PT-2024-BRS-000056 - [2025] EWHC 2325 (Ch)
Chancery Division of the High Court

PT-2024-BRS-000056 - [2025] EWHC 2325 (Ch)

Fecha: 12-Sep-2025

Compulsory mediation

Compulsory mediation

15.

The jurisdiction of the court to make an order requiring a party to attend and take part in the mediation (or other alternative dispute resolution), despite the then absence of a specific rule in the CPR, was clearly established by the decision of the Court of Appeal in Churchill v Merthyr Tydfil County Borough Council [2023] EWCA Civ 1416. This led to the formulation and insertion in the CPR in October 2024 of an express power to that effect, in CPR rule 3.1(2)(o):

“(2)

Except where these Rules provide otherwise, the court may –

[ … ]

(o)

order the parties to engage in alternative dispute resolution”

16.

However, it will be noted that the rule extends only to the parties to the proceedings.
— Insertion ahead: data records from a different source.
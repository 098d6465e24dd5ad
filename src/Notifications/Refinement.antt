-- ===== src/Notifications/Refinement.antt =====
-- The worker on the broker refines the lanes.
use phantom_share.Prelude.{
  ℕ, ◌+◌, ◌≡◌, refl, ap, Bool, true, false, Option, none, some, List, [], ◌∷◌, ◌++◌, ltb, arith,
}
use phantom_share.Result.{ok}
use phantom_share.Amqp.{Message, Broker, declare_queue, declare_exchange, bind}
use phantom_share.Notifications.{
  Delivery, Kind, email, webhook, mail, post, mail_of, post_of, or_same, retry, handle_email,
  handle_webhook, retry_next, dlq_of, routing_key_of, has_failed, deliver,
}
use phantom_share.Notifications.Messages.{
  Json, Smtp, Mail, Post, if_sent, email_dlq, webhook_dlq, mailed, posted, or_zero,
  email_routing_key, webhook_routing_key, max_retries, Station, setup_topology,
}
use phantom_share.Notifications.Lanes.{
  Lane, Lanes, consumed, retried, retry_message, ready, station, spec_deliver, retry_lane, lane_of,
}

abbrev empty_lane : Lane
empty_lane = record { waiting = []; failed = [] }

setup_topology-empty :
    setup_topology (record { exchanges = []; queues = []; bindings = [] })
    ≡ ok (ready empty_lane empty_lane)
unfolding setup_topology phantom_share.Sql.exists phantom_share.Sql.select_one
    phantom_share.Sql.insert
setup_topology-empty = refl

setup_topology-ready : (e w : Lane) → setup_topology (ready e w) ≡ ok (ready e w)
unfolding setup_topology phantom_share.Sql.exists phantom_share.Sql.select_one
    phantom_share.Sql.insert
setup_topology-ready e w = refl

pub append_nil {ℓ} : {A : Type ℓ} (xs : List A) → xs ++ [] ≡ xs
append_nil [] = refl
append_nil (x ∷ xs) = ap (λ ys. x ∷ ys) (append_nil xs)

add_zero : (n : ℕ) → n + 0 ≡ n
add_zero n = omega arith

abbrev with_emails : List Message → List Message → Lanes → Lanes
with_emails waiting failed x = record x { emails = record { waiting = waiting; failed = failed } }

abbrev with_webhooks : List Message → List Message → Lanes → Lanes
with_webhooks waiting failed x = record x {
  webhooks = record { waiting = waiting; failed = failed };
}

mailed_lanes :
    (o : Option Mail) (m : Message) (ms failed : List Message) (x : Lanes)
    → mailed o m
        (station (with_emails ms failed x)).broker
        (station (with_emails (m ∷ ms) failed x))
      ≡ station (record x {
        emails = (consumed o m ms failed).0;
        mails = x.mails ++ (consumed o m ms failed).1;
      })
unfolding phantom_share.Amqp.reject phantom_share.Amqp.route phantom_share.Sql.select_one
    phantom_share.Sql.update phantom_share.Sql.exists
mailed_lanes none m ms failed x = rw (append_nil x.mails) refl
mailed_lanes (some a) m ms failed x = refl

posted_lanes :
    (o : Option Post) (m : Message) (ms failed : List Message) (x : Lanes)
    → posted o m
        (station (with_webhooks ms failed x)).broker
        (station (with_webhooks (m ∷ ms) failed x))
      ≡ station (record x {
        webhooks = (consumed o m ms failed).0;
        posts = x.posts ++ (consumed o m ms failed).1;
      })
unfolding phantom_share.Amqp.reject phantom_share.Amqp.route phantom_share.Sql.select_one
    phantom_share.Sql.update phantom_share.Sql.exists
posted_lanes none m ms failed x = rw (append_nil x.posts) refl
posted_lanes (some a) m ms failed x = refl

module _ (json : Json) (smtp : Smtp) where
  by_emails :
      (sent : Bool) (waiting failed : List Message) (x : Lanes)
      → handle_email json smtp sent (station (with_emails waiting failed x))
        ≡ station (spec_deliver json smtp (mail sent) (with_emails waiting failed x))
  unfolding handle_email phantom_share.Amqp.get phantom_share.Amqp.reject phantom_share.Amqp.route
      phantom_share.Sql.select_one phantom_share.Sql.update phantom_share.Sql.exists
  by_emails sent [] failed x = rw (append_nil x.mails) refl
  by_emails sent (m ∷ ms) failed x = mailed_lanes (if_sent sent (mail_of json smtp m)) m ms failed x

  by_webhooks :
      (accepted : Bool) (waiting failed : List Message) (x : Lanes)
      → handle_webhook json accepted (station (with_webhooks waiting failed x))
        ≡ station (spec_deliver json smtp (post accepted) (with_webhooks waiting failed x))
  unfolding handle_webhook phantom_share.Amqp.get phantom_share.Amqp.reject phantom_share.Amqp.route
      phantom_share.Sql.select_one phantom_share.Sql.update phantom_share.Sql.exists
  by_webhooks accepted [] failed x = rw (append_nil x.posts) refl
  by_webhooks accepted (m ∷ ms) failed x =
      posted_lanes (if_sent accepted (post_of json m)) m ms failed x

  pub deliver_lanes :
      (d : Delivery) (x : Lanes)
      → deliver json smtp d (station x) ≡ station (spec_deliver json smtp d x)
  deliver_lanes (mail sent) x = by_emails sent x.emails.waiting x.emails.failed x
  deliver_lanes (post accepted) x = by_webhooks accepted x.webhooks.waiting x.webhooks.failed x

abbrev pub of_lanes : Bool × Lanes → Bool × Station
of_lanes (goes_on, x) = (goes_on, station x)

abbrev pub map_option : Option (Bool × Lanes) → Option (Bool × Station)
map_option none = none
map_option (some r) = some (of_lanes r)

retry_emails :
    (late accepted : Bool) (m : Message) (waiting ms : List Message) (x : Lanes)
    → ltb max_retries (or_zero m.attempt + 1) ≡ late
    → retry email_routing_key accepted m
        (station (with_emails waiting ms x)).broker
        (station (with_emails waiting (m ∷ ms) x))
      ≡ (let r = retry_message email_routing_key accepted (or_zero m.attempt + 1) m waiting ms in
          (r.goes_on, station (retried email (with_emails waiting (m ∷ ms) x) r)))
unfolding retry phantom_share.Amqp.route phantom_share.Sql.select_one phantom_share.Sql.update
    phantom_share.Sql.exists
retry_emails true accepted m waiting ms x h = rw (h, add_zero x.clock) refl
retry_emails false true m waiting ms x h = rw (h, append_nil x.alerts) refl
retry_emails false false m waiting ms x h = rw (h, append_nil x.alerts) refl

retry_next_emails :
    (accepted : Bool) (waiting failed : List Message) (x : Lanes)
    → retry_next email_dlq email_routing_key accepted (station (with_emails waiting failed x))
      ≡ map_option (retry_lane email accepted (with_emails waiting failed x))
unfolding retry_next retry_lane phantom_share.Amqp.get phantom_share.Sql.select_one
    phantom_share.Sql.update
retry_next_emails accepted waiting [] x = refl
retry_next_emails accepted waiting (m ∷ ms) x =
    ap some (retry_emails (ltb max_retries (or_zero m.attempt + 1)) accepted m waiting ms x refl)

retry_webhooks :
    (late accepted : Bool) (m : Message) (waiting ms : List Message) (x : Lanes)
    → ltb max_retries (or_zero m.attempt + 1) ≡ late
    → retry webhook_routing_key accepted m
        (station (with_webhooks waiting ms x)).broker
        (station (with_webhooks waiting (m ∷ ms) x))
      ≡ (let r = retry_message webhook_routing_key accepted (or_zero m.attempt + 1) m waiting ms in
          (r.goes_on, station (retried webhook (with_webhooks waiting (m ∷ ms) x) r)))
unfolding retry phantom_share.Amqp.route phantom_share.Sql.select_one phantom_share.Sql.update
    phantom_share.Sql.exists
retry_webhooks true accepted m waiting ms x h = rw (h, add_zero x.clock) refl
retry_webhooks false true m waiting ms x h = rw (h, append_nil x.alerts) refl
retry_webhooks false false m waiting ms x h = rw (h, append_nil x.alerts) refl

retry_next_webhooks :
    (accepted : Bool) (waiting failed : List Message) (x : Lanes)
    → retry_next webhook_dlq webhook_routing_key accepted (station (with_webhooks waiting failed x))
      ≡ map_option (retry_lane webhook accepted (with_webhooks waiting failed x))
unfolding retry_next retry_lane phantom_share.Amqp.get phantom_share.Sql.select_one
    phantom_share.Sql.update
retry_next_webhooks accepted waiting [] x = refl
retry_next_webhooks accepted waiting (m ∷ ms) x =
    ap some (retry_webhooks (ltb max_retries (or_zero m.attempt + 1)) accepted m waiting ms x refl)

pub retry_next_lanes :
    (k : Kind) (accepted : Bool) (x : Lanes)
    → retry_next (dlq_of k) (routing_key_of k) accepted (station x)
      ≡ map_option (retry_lane k accepted x)
retry_next_lanes email accepted x = retry_next_emails accepted x.emails.waiting x.emails.failed x
retry_next_lanes webhook accepted x =
    retry_next_webhooks accepted x.webhooks.waiting x.webhooks.failed x

pub spec_retried :
    (x : Lanes) (o : Option (Bool × Lanes))
    → or_same (station x) (map_option o) ≡ station (or_same x o)
spec_retried x none = refl
spec_retried x (some (_, y)) = refl

abbrev pub is_failing : List Message → Bool
is_failing [] = false
is_failing (m ∷ ms) = true

has_failed_emails :
    (waiting failed : List Message) (x : Lanes)
    → has_failed email (station (with_emails waiting failed x)) ≡ is_failing failed
unfolding phantom_share.Amqp.get phantom_share.Sql.select_one
has_failed_emails waiting [] x = refl
has_failed_emails waiting (m ∷ ms) x = refl

has_failed_webhooks :
    (waiting failed : List Message) (x : Lanes)
    → has_failed webhook (station (with_webhooks waiting failed x)) ≡ is_failing failed
unfolding phantom_share.Amqp.get phantom_share.Sql.select_one
has_failed_webhooks waiting [] x = refl
has_failed_webhooks waiting (m ∷ ms) x = refl

pub has_failed_lanes :
    (k : Kind) (x : Lanes) → has_failed k (station x) ≡ is_failing (lane_of k x).failed
has_failed_lanes email x = has_failed_emails x.emails.waiting x.emails.failed x
has_failed_lanes webhook x = has_failed_webhooks x.webhooks.waiting x.webhooks.failed x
The respondent is not (yet) a party. But it would become a party if it were joined as a costs-only party (as the claimants would prefer), or if the two sets of proceedings were consolidated (as the respondent accepts would be sensible): see Wormleighton v Cape Intermediate Holdings Limited [2024] EWHC 1971 (KB), [59], where Hill J pointed out that the effect of consolidation of proceedings is that the claims “proceed thereafter as one claim”. So, the first question with which I must deal with is whether to join the respondent as a costs-only party or to consolidate the claims. If I were to do neither, the question about the mediation order would not arise.